▶ Exercise: Of the entries below, return only those lines from the line with "(ok e.perms, c)" to the line with "-- With no live", exactly, both included.

(Dataset records)
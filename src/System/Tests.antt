-- ===== src/System/Tests.antt =====
-- A lease is frozen over the API and its access revoked, an account is quarantined, and the units
-- are scanned.
use innovation_sandbox_on_aw.Common.{refl, arith, ◌∷◌, [], some, none}
use innovation_sandbox_on_aw.Types.{Intent, user}
use innovation_sandbox_on_aw.Auth.{IsbUser, idc_user, manager_role}
use innovation_sandbox_on_aw.World.{World}
use innovation_sandbox_on_aw.World.Triple.{view}
use innovation_sandbox_on_aw.Reconciliation.{Message, grant_record}
use innovation_sandbox_on_aw.Sandbox.Tests.{start, start-IsWellFormed}
use innovation_sandbox_on_aw.System.Effects.Records.{IsConsistent}
use innovation_sandbox_on_aw.LeaseApi.Ended.{freeze}
use innovation_sandbox_on_aw.System.{
  lease_operation, account_quarantine, drift_scan, work_item, invoke_all,
}
use innovation_sandbox_on_aw.System.Effects.{invoke_all-IsConsistent}

abbrev mia : IsbUser
mia = idc_user "mia@corp" "mia-id" (manager_role ∷ [])

abbrev message : Message
message = record {
  lease_id = "l1";
  intent = Intent.freeze;
  requested_by = "SYSTEM";
  principal_id = "ann-id";
  principal_type = user;
  account_id = "111";
  lease_owner_email = "ann@corp";
  email = some "ann@corp";
  display_name = none;
}

-- The access that is revoked is on record.
abbrev granted : World
granted = record start { assignments = grant_record message ∷ [] }

granted-IsConsistent : IsConsistent (view granted)
unfolding grant_record
granted-IsConsistent = record {
  tables = record {
    lease_keys = start-IsWellFormed.lease_keys;
    account_ids = start-IsWellFormed.account_ids;
    statuses = start-IsWellFormed.statuses;
  };
  record_keys = λ m. ground arith;
  valid_records = (refl, tt);
}

invoke_all-IsConsistent_example : IsConsistent (
    view (
      invoke_all
        (lease_operation (freeze mia "id")
          ∷ work_item message
          ∷ account_quarantine "222"
          ∷ drift_scan
          ∷ [])
        granted))
invoke_all-IsConsistent_example =
    invoke_all-IsConsistent
      (lease_operation (freeze mia "id")
        ∷ work_item message
        ∷ account_quarantine "222"
        ∷ drift_scan
        ∷ [])
      granted granted-IsConsistent
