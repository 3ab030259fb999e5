-- ===== src/Transaction/Tests.antt =====
-- Transactions over a counter: a step adds its amount and takes it off again, or refuses.
use innovation_sandbox_on_aw.Common.{ℕ, ◌+◌, ◌-◌, ◌≡◌, refl, ◌↔◌, [], ◌∷◌, some}
use innovation_sandbox_on_aw.Outcome.{ok, err, remote_failure}
use innovation_sandbox_on_aw.Transaction.{Step, complete}
use innovation_sandbox_on_aw.Transaction.Rules.{error_for}
use innovation_sandbox_on_aw.Transaction.Atomic.{Unwound, complete_iff, complete-append, all_begin}

abbrev adds : ℕ → Step ℕ ℕ
adds k = record { begin = λ s. (ok k, s + k); rollback = λ a s. (ok tt, s - a) }

abbrev refuses : Step ℕ ℕ
refuses = record { begin = λ s. (err remote_failure, s); rollback = λ a s. (ok tt, s) }

complete_iff_example :
    (complete (adds 3) (adds 4 ∷ []) 5 ≡ (ok 3, 12))
    ↔ (((adds 3).begin 5).0 ≡ ok 3) × (all_begin (adds 4 ∷ []) 8 ≡ some 12)
complete_iff_example = complete_iff (adds 3) (adds 4 ∷ []) 5 12 3

complete-append_example :
    (adds 4 ∷ adds 3 ∷ [] ≡ adds 4 ∷ adds 3 ∷ [])
    × ((n : ℕ) × ((v : ℕ) × (Unwound ((adds 4, 4) ∷ (adds 3, 3) ∷ []) 12 n v
            × (complete (adds 3) (adds 4 ∷ refuses ∷ adds 9 ∷ []) 5 ≡ (err (error_for n), v)))))
complete-append_example =
    complete-append (adds 3) refuses (adds 4 ∷ []) (adds 9 ∷ []) ((adds 4, 4) ∷ (adds 3, 3) ∷ []) 5
      12 12 3 remote_failure refl (4, (12, (refl, (refl, refl)))) refl
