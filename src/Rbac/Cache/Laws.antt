-- ===== src/Rbac/Cache/Laws.antt =====
-- Look-ups of lib/rbac/cache.go, and look-ups after an invalidation.
use quickbite_analytics_serv.Base.{String, ◌≡◌, true, false, none, some, str_eq, eq_refl}
use quickbite_analytics_serv.Base.Int.{ltb_ℤ}
use quickbite_analytics_serv.Errors.{ok}
use quickbite_analytics_serv.Rbac.Cache.{
  Entry, Settings, CacheWorld, live, store, lookup_or_fetch, get_for_role, invalidate, put,
}

module _ {W : Type 0} (s : Settings W) (role : String) (c : CacheWorld W) where
  -- An entry that has not expired is answered with no call to core, and nothing changes.
  pub get_for_role_hit :
      (e : Entry)
      → c.entries role ≡ some e
      → ltb_ℤ (s.now c.world) e.expires_at ≡ true
      → get_for_role s role c ≡ (ok e.perms, c)
  unfolding get_for_role
  get_for_role_hit e there live_now = rw (there) (rw live_now)

  -- With no live entry, core is asked once: a list is answered and stored until the time to live has
  -- passed, and an error is answered and leaves the entries as they were.
  pub get_for_role_miss :
      live s (c.entries role) (s.now c.world) ≡ none
      → get_for_role s role c
        ≡ store s role
            (s.now c.world)
            (s.get_role_permissions role c).0
            (s.get_role_permissions role c).1
  unfolding get_for_role
  get_for_role_miss stale = rw (stale, lookup_or_fetch)

  -- After an invalidation the role's permissions are read from core, whatever was cached.
  pub get_for_role-invalidate :
      get_for_role s role (invalidate role c)
      ≡ store s role
          (s.now c.world)
          (s.get_role_permissions role (record c { entries = put role none c.entries })).0
          (s.get_role_permissions role (record c { entries = put role none c.entries })).1
  unfolding get_for_role invalidate
  get_for_role-invalidate = rw (eq_refl role)

  pub invalidate_others :
      (other : String)
      → str_eq role other ≡ false
      → (invalidate role c).entries other ≡ c.entries other
  unfolding invalidate
  invalidate_others other ne = rw ne
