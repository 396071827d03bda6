-- ===== src/Rbac/Changes/Laws.antt =====
-- The event of lib/coreevents/rbac_handlers.go and the cache of lib/rbac/cache.go.
use quickbite_analytics_serv.Base.{◌≡◌, false, none, str_eq}
use quickbite_analytics_serv.Errors.{Result, ok}
use quickbite_analytics_serv.Events.Payloads.{Envelope}
use quickbite_analytics_serv.Rbac.Cache.{Settings, CacheWorld, store, get_for_role, put}
use quickbite_analytics_serv.Rbac.Cache.Laws.{get_for_role-invalidate}
use quickbite_analytics_serv.Rbac.Changes.{RbacPermissionsChangedPayload, permissions_changed}

-- A look-up of a named role that finds the entries as the event of the role left them asks core,
-- whatever was cached before.
pub get_for_role-permissions_changed :
    {W R : Type 0} (s : Settings W) (decode : R → Result RbacPermissionsChangedPayload)
    (env : Envelope R) (p : RbacPermissionsChangedPayload) (c : CacheWorld W)
    → decode env.payload ≡ ok p
    → str_eq p.role "" ≡ false
    → get_for_role s p.role (permissions_changed decode env c).1
      ≡ store s p.role
          (s.now c.world)
          (s.get_role_permissions p.role (record c { entries = put p.role none c.entries })).0
          (s.get_role_permissions p.role (record c { entries = put p.role none c.entries })).1
unfolding permissions_changed
get_for_role-permissions_changed s decode env p c read given =
    rw read (rw given (get_for_role-invalidate s p.role c))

▶ Result of this exercise:
      → get_for_role s role c ≡ (ok e.perms, c)
  unfolding get_for_role
  get_for_role_hit e there live_now = rw (there) (rw live_now)

  -- With no live entry, core is asked once: a list is answered and stored until the time to live has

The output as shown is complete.